This AI Can Summarize Research Papers, And Present Them In A Few Sentences

Robot scholar”

Academic papers, scholarly papers, position papers, thesis and scientific papers, can all contain terms and languages that are complex.

Understanding these papers isn’t something people can learn to do overnight. It takes practice, and also time. It can take anywhere between an hour for reading short papers, to six hours for longer ones.

While there are indeed people who are good at reading and understanding long-written papers, most people don't have such ability and/or patience.

For those people, an AI has been developed by the researchers at the Allen Institute for Artificial Intelligence.

The team has developed an AI model that can summarize text from the papers, and present it in a few sentences in the form of TLDR (Too Long Didn’t Read).

This way, users who would want a quick summary of a research document, can easily extract the main points of the research, in mere seconds.

Initially. the team has rolled this model out to the Allen Institute’s Semantic Scholar search engine for papers, and only on papers that are related to computer science on search results or the author’s page.

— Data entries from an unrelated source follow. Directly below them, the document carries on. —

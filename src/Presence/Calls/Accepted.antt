-- ===== src/Presence/Calls/Accepted.antt =====
-- workers/presence/src/index.ts: what an accepted write has proved, and what it claims.
use nexnet.Common.{
  ite, text_discrete, ◌≢◌, ◌⊎◌, ◌+◌, min, ℕ, ◌≡◌, arith, Bool, none, some, Text, codes, ok, err,
  Result-cases, Option-cases, inl, inr,
}
use nexnet.Protocol.Requests.{Body}
use nexnet.Presence.State.{PrekeyBundleData, Refusal, stale, Tracker}
use nexnet.Presence.Calls.{
  Platform, Write, publishes, publishes_prekey, removes, removes_prekey, run_write, body_of,
  operation_of, sequence_of,
}
use nexnet.Presence.Calls.Kept.{Keeps, remove_checked-others, keep_lease-others}
use nexnet.Presence.Calls.Walks.{keep_lease-kept, remove_checked-kept}
use nexnet.Presence.Tracker.{
  presence_seq, prekey_seq, claim_issued_at, handle_publish, handle_prekey_publish, handle_remove,
  handle_prekey_remove, drop_prekey, presence_lease_ttl_ms,
}
use nexnet.Common.Map
use nexnet.Common.Map.{Map, text_key, get-set, get-delete}
use nexnet.Presence.Requests.{SignedBody, check_publish, check_prekey_publish, check_remove}
use nexnet.Presence.Calls.Proved.{
  Proved, check_publish-Proved, check_prekey_publish-Proved, check_remove-Proved,
}

-- An accepted write: its proof, the claim of its time, and what the rest of the handler keeps.
pub record Accepted (platform : Platform) (broken : ℕ → Bool) (now : ℕ) (w : Write) (t : Tracker)
    : Type 1 where
  pub body : SignedBody
  pub proof : Proved platform.crypto now (operation_of w) (body_of w) body
  pub middle : Tracker
  pub claimed : claim_issued_at (sequence_of w body.identity) body.issued_at now t ≡ some middle
  pub kept : (P : Tracker → Type 0) → Keeps P → P middle → P (run_write platform broken now w t).0
  pub others :
      (j : Text)
      → j ≢ body.identity
      → (Map.get (run_write platform broken now w t).0.leases j ≡ Map.get t.leases j)
        × (Map.get (run_write platform broken now w t).0.prekeys j ≡ Map.get t.prekeys j)

claim-tables :
    (key : Text) (n now : ℕ) (t u : Tracker)
    → claim_issued_at key n now t ≡ some u
    → (u.leases ≡ t.leases) × (u.prekeys ≡ t.prekeys)
unfolding claim_issued_at
claim-tables key n now t u e = ground (arith, e)

drop_prekey-others :
    (id : Text) (t : Tracker) (j : Text)
    → (Map.get (drop_prekey id t).0.prekeys j ≡ ite (text_discrete id j) none (Map.get t.prekeys j))
      × ((drop_prekey id t).0.leases ≡ t.leases)
unfolding drop_prekey
drop_prekey-others id t j = ground (arith, get-delete t.prekeys id j)

-- Refused, with nothing changed, or accepted.
abbrev pub Outcome : Platform → (ℕ → Bool) → ℕ → Write → Tracker → Type 1
Outcome platform broken now w t =
    ((e : Refusal) × (run_write platform broken now w t ≡ (t, err e)))
    ⊎ (Accepted platform broken now w t × ((run_write platform broken now w t).1 ≡ ok tt))

module _ (platform : Platform) (broken : ℕ → Bool) (now : ℕ) (t : Tracker) where
  open platform use {crypto, verify_hex}

  publish-Outcome : (request : Body) → Outcome platform broken now (publishes request) t
  unfolding run_write handle_publish
  publish-Outcome request = elim (Result-cases (check_publish crypto now request)) [
    | inr (e, refused) ↦ inl (e, ground (arith, refused))
    | inl ((body, l), checked) ↦
        let p = check_publish-Proved crypto now request body l checked in
        let until = record l { expires_at = min l.expires_at (now + presence_lease_ttl_ms) } in
        elim (Option-cases (claim_issued_at (presence_seq body.identity) body.issued_at now t)) [
          | inl no_claim ↦ inl (stale, ground (arith, checked, no_claim))
          | inr (u, claim) ↦ inr (
            record {
              body = body;
              proof = p.0;
              middle = u;
              claimed = claim;
              kept = λ P k v.
                  rw (run_write, handle_publish, checked, claim)
                    (keep_lease-kept k broken until u v);
              others = λ j n. ground (
                arith,
                checked,
                claim,
                n,
                p.1,
                keep_lease-others broken until u j,
                claim-tables (presence_seq body.identity) body.issued_at now t u claim,
              );
            },
            ground (arith, checked, claim),
          )
        ]
  ]

  publish_prekey-Outcome :
      (request : Body) → Outcome platform broken now (publishes_prekey request) t
  unfolding run_write handle_prekey_publish
  publish_prekey-Outcome request =
      elim (Result-cases (check_prekey_publish crypto now verify_hex request)) [
        | inr (e, refused) ↦ inl (e, ground (arith, refused))
        | inl (body, checked) ↦
            let b : PrekeyBundleData = record {
              identity = body.identity;
              fields = body.fields;
              auth = body.auth;
              updated_at = now;
            } in
            elim (Option-cases (claim_issued_at (prekey_seq body.identity) body.issued_at now t)) [
              | inl no_claim ↦ inl (stale, ground (arith, checked, no_claim))
              | inr (u, claim) ↦ inr (
                record {
                  body = body;
                  proof = check_prekey_publish-Proved crypto now verify_hex request body checked;
                  middle = u;
                  claimed = claim;
                  kept = λ P k v.
                      rw (run_write, handle_prekey_publish, checked, claim) (k.puts_bundle u v b);
                  others = λ j n. ground (
                    arith,
                    checked,
                    claim,
                    n,
                    get-set u.prekeys body.identity j b,
                    claim-tables (prekey_seq body.identity) body.issued_at now t u claim,
                  );
                },
                ground (arith, checked, claim),
              )
            ]
      ]

  remove-Outcome :
      (path : Text) (request : Body) → Outcome platform broken now (removes path request) t
  unfolding run_write handle_remove
  remove-Outcome path request =
      elim (Result-cases (check_remove crypto now (codes "presence.remove") request path)) [
        | inr (e, refused) ↦ inl (e, ground (arith, refused))
        | inl (body, checked) ↦
            elim (Option-cases
              (claim_issued_at (presence_seq body.identity) body.issued_at now t)) [
                | inl no_claim ↦ inl (stale, ground (arith, checked, no_claim))
                | inr (u, claim) ↦ inr (
                  record {
                    body = body;
                    proof = check_remove-Proved crypto now _ request path body checked;
                    middle = u;
                    claimed = claim;
                    kept = λ P k v.
                        rw (run_write, handle_remove, checked, claim)
                          (remove_checked-kept k broken body.identity u v);
                    others = λ j n. ground (
                      arith,
                      checked,
                      claim,
                      n,
                      remove_checked-others broken body.identity u j,
                      claim-tables (presence_seq body.identity) body.issued_at now t u claim,
                    );
                  },
                  ground (arith, checked, claim),
                )
              ]
      ]

  remove_prekey-Outcome :
      (path : Text) (request : Body) → Outcome platform broken now (removes_prekey path request) t
  unfolding run_write handle_prekey_remove
  remove_prekey-Outcome path request =
      elim (Result-cases (check_remove crypto now (codes "prekeys.remove") request path)) [
        | inr (e, refused) ↦ inl (e, ground (arith, refused))
        | inl (body, checked) ↦
            elim (Option-cases (claim_issued_at (prekey_seq body.identity) body.issued_at now t)) [
              | inl no_claim ↦ inl (stale, ground (arith, checked, no_claim))
              | inr (u, claim) ↦ inr (
                record {
                  body = body;
                  proof = check_remove-Proved crypto now _ request path body checked;
                  middle = u;
                  claimed = claim;
                  kept = λ P k v.
                      rw (run_write, handle_prekey_remove, checked, claim)
                        (k.drops_prekey u v body.identity);
                  others = λ j n. ground (
                    arith,
                    checked,
                    claim,
                    n,
                    drop_prekey-others body.identity u j,
                    claim-tables (prekey_seq body.identity) body.issued_at now t u claim,
                  );
                },
                ground (arith, checked, claim),
              )
            ]
      ]

  pub run_write-Outcome : (w : Write) → Outcome platform broken now w t
  run_write-Outcome (publishes request) = publish-Outcome request
  run_write-Outcome (publishes_prekey request) = publish_prekey-Outcome request
  run_write-Outcome (removes path request) = remove-Outcome path request
  run_write-Outcome (removes_prekey path request) = remove_prekey-Outcome path request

On its web page, Semantic Scholar wrote that:

"The new TLDR feature in Semantic Scholar puts automatically generated single-sentence paper summaries right on the search results page, allowing you to quickly locate the right papers and spend your time reading what matters to you."

"TLDRs (Too Long; Didn't Read) are super-short summaries of the main objective and results of a scientific paper generated using expert background knowledge and the latest GPT-3 style NLP techniques. This new feature is available in beta for nearly 10 million papers and counting in the computer science domain in Semantic Scholar."

The AI summarizes the paper users want to read, by taking the most important parts from a paper which include the abstract, introduction, and conclusion section, and then summary them.

To make this happen, the researchers first “pre-trained” the model on the English language.

Then, they created a SciTLDR data set that consists of more than 5,400 summaries of computer science papers. After that, the model was further trained on more than 20,000 titles of research papers to reduce dependency on domain knowledge while writing a synopsis.

An example TLDR of a scientific paper. A TLDR is typically composed of the most important information found in certain sections of a paper. (Credit: Allen Institute for AI)
"Staying up to date with scientific literature is an important part of any researchers’ workflow, and parsing a long list of papers from various sources by reading paper abstracts is time-consuming."

"TLDRs help users make quick informed decisions about which papers are relevant, and where to invest the time in further reading. TLDRs also provide ready-made paper summaries for explaining the work in various contexts, such as sharing a paper on social media."

The result of this, the AI is capable of summarizing papers that are as long as 5,000 words, into just 21 words in average.

According to the researchers' paper, this is a compression ratio of 238.

Following the success of this AI on English-written computer science-related papers, the researchers plan to expand the model to papers in other fields.